鼻水やくしゃみ、目のかゆみといった花粉症の症状がなくても肌荒れだけが生じたり、IgE抗体が陰性でも起きたりします。
肌荒れの原因がはっきりしない場合は、正しい対策を行うためにもアレルギー検査を受けることをおすすめします。
若い女性に発症しやすいといわれている
花粉皮膚炎は、とくに女性に発症しやすいといわれています。
女性は化粧をする機会が多く、化粧品の成分が花粉飛散時期に肌への刺激となることがあります。
花粉シーズンになると普段使っている基礎化粧品が急にしみるようになる、化粧のノリが悪くなるといった変化も花粉皮膚炎の特徴的なサインです。
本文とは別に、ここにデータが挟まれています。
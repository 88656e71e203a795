-- ===== src/Lifecycle/Rows/Tests.antt =====
-- A rebuild and an incremental write at concrete practices, and the theorems there.
use lorelum.Prelude.{
  ◌≡◌, ◌⊎◌, refl, List, [], ◌∷◌, ◌++◌, true, false, ◌&&◌, Option, none, some, Text, units, contains,
  find,
}
use lorelum.LocalStore.Canonical.{Practice, canonicalize_practice}
use lorelum.LocalStore.Effective.{Hashing, EffectivePractice}
use lorelum.Lifecycle.Store.{PackEntry, upsert}
use lorelum.Lifecycle.Rows.{
  ok, err, no_prior_revision, outside_affected, PracticeRow, Database, DerivedStoreState,
  IncrementalState, row_of, is_row,
}
use lorelum.Lifecycle.Rows.Writes.{
  write_derived_state, apply_incremental_derived_state, changed_practice,
}
use lorelum.Lifecycle.Rows.Refinement.{
  Represents, view_of, updated, tuple_of_state, practice_rows_refine, rebuild-Represents,
}
use lorelum.Lifecycle.Rows.Revisions.{incremental_revisions}

-- Stand-ins: the id and the title for the JSON text, and that text for its hash.
abbrev hashing : Hashing
hashing = record { stringify = λ p. p.id ++ p.title; sha256 = λ t. t }

abbrev practice_titled : Text → Text → Practice
practice_titled id title = record {
  id = id;
  title = title;
  stage = [];
  tech_stack = [];
  applies_when = [];
  severity = none;
  body = none;
  anti_patterns = none;
}

abbrev effective : Text → Text → EffectivePractice
effective id title = record {
  practice_id = id;
  content_digest = id ++ title;
  canonical_content = id ++ title;
  practice = practice_titled id title;
  sources =
      record {
        pack_name = units "api";
        practice_id = id;
        content_digest = id ++ title;
        source_path = units "practices/a.md";
        canonical_practice =
            canonicalize_practice hashing.stringify hashing.sha256 (practice_titled id title);
      }
      ∷ [];
}

abbrev pack : PackEntry
pack = record {
  pack_name = units "api";
  pack_version = units "1.0.0";
  artifact_digest = units "d";
  storage_key = units "k";
  installed_at = units "t";
}

abbrev empty_database : Database
empty_database = record {
  metadata = none;
  active_packs = [];
  practices = [];
  sources = [];
  revision_log = [];
  outbox = [];
}

abbrev first_state : DerivedStoreState
first_state = record {
  generation = 1;
  effective_revision = 1;
  active_packs = pack ∷ [];
  effective_practices =
      effective (units "a") (units "v1") ∷ effective (units "b") (units "v1") ∷ [];
  revision_notification = none;
  supersedes_pending = false;
  revision_log_delta = none;
  clear_revision_log = true;
}

abbrev change : IncrementalState
change = record {
  derived = record {
    generation = 2;
    effective_revision = 2;
    active_packs = pack ∷ [];
    effective_practices = effective (units "b") (units "v2") ∷ [];
    revision_notification = none;
    supersedes_pending = false;
    revision_log_delta = some (record { added = []; changed = units "b" ∷ []; invalidated = [] });
    clear_revision_log = false;
  };
  active_pack_mutation = upsert pack;
  affected_practice_ids = units "b" ∷ [];
}

abbrev source_row_of : Text → Text → lorelum.Lifecycle.Rows.SourceRow
source_row_of id title = record {
  pack_name = units "api";
  practice_id = id;
  content_digest = id ++ title;
  source_path = units "practices/a.md";
}

abbrev rebuilt : Database
rebuilt = record {
  metadata = tuple_of_state first_state;
  active_packs = pack ∷ [];
  practices =
      row_of (effective (units "a") (units "v1")) 1
      ∷ row_of (effective (units "b") (units "v1")) 1
      ∷ [];
  sources = source_row_of (units "a") (units "v1") ∷ source_row_of (units "b") (units "v1") ∷ [];
  revision_log = [];
  outbox = [];
}

abbrev changed : Database
changed = record {
  metadata = tuple_of_state change.derived;
  active_packs = pack ∷ [];
  practices =
      row_of (effective (units "a") (units "v1")) 1
      ∷ row_of (effective (units "b") (units "v2")) 2
      ∷ [];
  sources = source_row_of (units "a") (units "v1") ∷ source_row_of (units "b") (units "v2") ∷ [];
  revision_log =
      record {
        revision = 2;
        delta = record { added = []; changed = units "b" ∷ []; invalidated = [] };
      }
      ∷ [];
  outbox = [];
}

abbrev b_row : PracticeRow
b_row = row_of (effective (units "b") (units "v2")) 2

rebuilds : write_derived_state hashing first_state empty_database ≡ ok rebuilt
unfolding write_derived_state lorelum.Prelude.text_eq canonicalize_practice
    lorelum.LocalStore.Canonical.canonical_practice_object lorelum.Prelude.all lorelum.Prelude.any
    lorelum.LocalStore.SourcePath.is_practice_source_path lorelum.Prelude.sort
rebuilds = refl

changes : apply_incremental_derived_state hashing change rebuilt ≡ ok changed
unfolding apply_incremental_derived_state lorelum.Prelude.text_eq canonicalize_practice
    lorelum.LocalStore.Canonical.canonical_practice_object lorelum.Prelude.all lorelum.Prelude.any
    lorelum.LocalStore.SourcePath.is_practice_source_path contains lorelum.Prelude.sort
    lorelum.Prelude.keep
changes = refl

-- Without a delta, a practice that has no row has no revision to keep.
no_revision :
    apply_incremental_derived_state hashing
      (record change { derived = record change.derived { revision_log_delta = none } })
      empty_database
    ≡ err no_prior_revision
unfolding apply_incremental_derived_state lorelum.Prelude.text_eq canonicalize_practice
    lorelum.LocalStore.Canonical.canonical_practice_object lorelum.Prelude.all lorelum.Prelude.any
    lorelum.LocalStore.SourcePath.is_practice_source_path contains lorelum.Prelude.sort
    lorelum.Prelude.keep find
no_revision = refl

practice_rows_refine_example :
    (Represents rebuilt (view_of first_state.effective_practices)
      × (rebuilt.metadata ≡ tuple_of_state first_state))
    × (Represents changed (updated change (view_of first_state.effective_practices))
        × (changed.metadata ≡ tuple_of_state change.derived))
unfolding write_derived_state
practice_rows_refine_example =
    practice_rows_refine hashing first_state change (view_of first_state.effective_practices)
      rebuilt rebuilt changed rebuilds changes
      (rebuild-Represents hashing first_state empty_database rebuilt rebuilds).0

incremental_revisions_example :
    (((contains (units "b") change.affected_practice_ids
          && changed_practice change.derived.revision_log_delta (units "b"))
        ≡ true)
      × (b_row.effective_revision ≡ change.derived.effective_revision))
    ⊎ (((contains (units "b") change.affected_practice_ids
            && changed_practice change.derived.revision_log_delta (units "b"))
          ≡ false)
        × (old : PracticeRow) × (find (is_row (units "b")) rebuilt.practices ≡ some old)
        × (b_row.effective_revision ≡ old.effective_revision))
unfolding find lorelum.Prelude.text_eq
incremental_revisions_example =
    incremental_revisions hashing change rebuilt changed (units "b") b_row changes refl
いつもと違う肌の変化を感じたら、早めに保湿ケアを強化したり、刺激の少ない化粧品に切り替えたりするなどの早めの対策が、悪化を防ぐポイントです。

花粉皮膚炎の主な症状
花粉皮膚炎では、肌のかゆみや赤み、乾燥、発疹など、さまざまな皮膚症状があらわれます。
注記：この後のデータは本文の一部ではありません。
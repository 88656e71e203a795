-- ===== src/LocalStore.antt =====
-- packages/engine/src/local-store: the installed Packs and what they offer.
pub mod Canonical
pub mod SourcePath
pub mod Effective
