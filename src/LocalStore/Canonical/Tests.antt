-- ===== src/LocalStore/Canonical/Tests.antt =====
-- A canonical form, and its theorem at a concrete practice.
use lorelum.Prelude.{◌≡◌, refl, [], ◌∷◌, ◌++◌, none, some, Text, units}
use lorelum.LocalStore.Canonical.{
  Practice, normalize_line_endings, canonicalize_practice, canonicalize_practice_idem,
}

-- "a", CR LF, "b", CR, "c".
abbrev windows_text : Text
windows_text = b'a' ∷ 13 ∷ 10 ∷ b'b' ∷ 13 ∷ b'c' ∷ []

windows_text_normal : normalize_line_endings windows_text ≡ b'a' ∷ 10 ∷ b'b' ∷ 10 ∷ b'c' ∷ []
unfolding normalize_line_endings
windows_text_normal = refl

abbrev sample : Practice
sample = record {
  id = units "p";
  title = units "t";
  stage = units "s";
  tech_stack = [];
  applies_when = windows_text;
  severity = none;
  body = some windows_text;
  anti_patterns = none;
}

-- A stand-in for the content: the two texts that carry line endings, one after the other.
abbrev joined : Practice → Text
joined p = p.title ++ p.applies_when

canonicalize_practice_idem_example :
    canonicalize_practice joined (λ t. t) (canonicalize_practice joined (λ t. t) sample).practice
    ≡ canonicalize_practice joined (λ t. t) sample
canonicalize_practice_idem_example = canonicalize_practice_idem joined (λ t. t) sample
花粉症では鼻の症状が花粉の飛散量に比例して悪化する傾向があり、皮膚症状についても花粉の多い日には症状が強くなる可能性があります。
どのような症状が出たのかをメモに残しておき、受診時の資料として残しておくと良いでしょう。
それぞれの症状について、詳しく解説します。
肌のかゆみや赤み
花粉による肌トラブルで多くみられる症状は、かゆみや赤みです。
花粉が体内に侵入すると、からだの免疫システムが花粉を異物と認識し、ヒスタミンといった炎症物質を放出します[1]。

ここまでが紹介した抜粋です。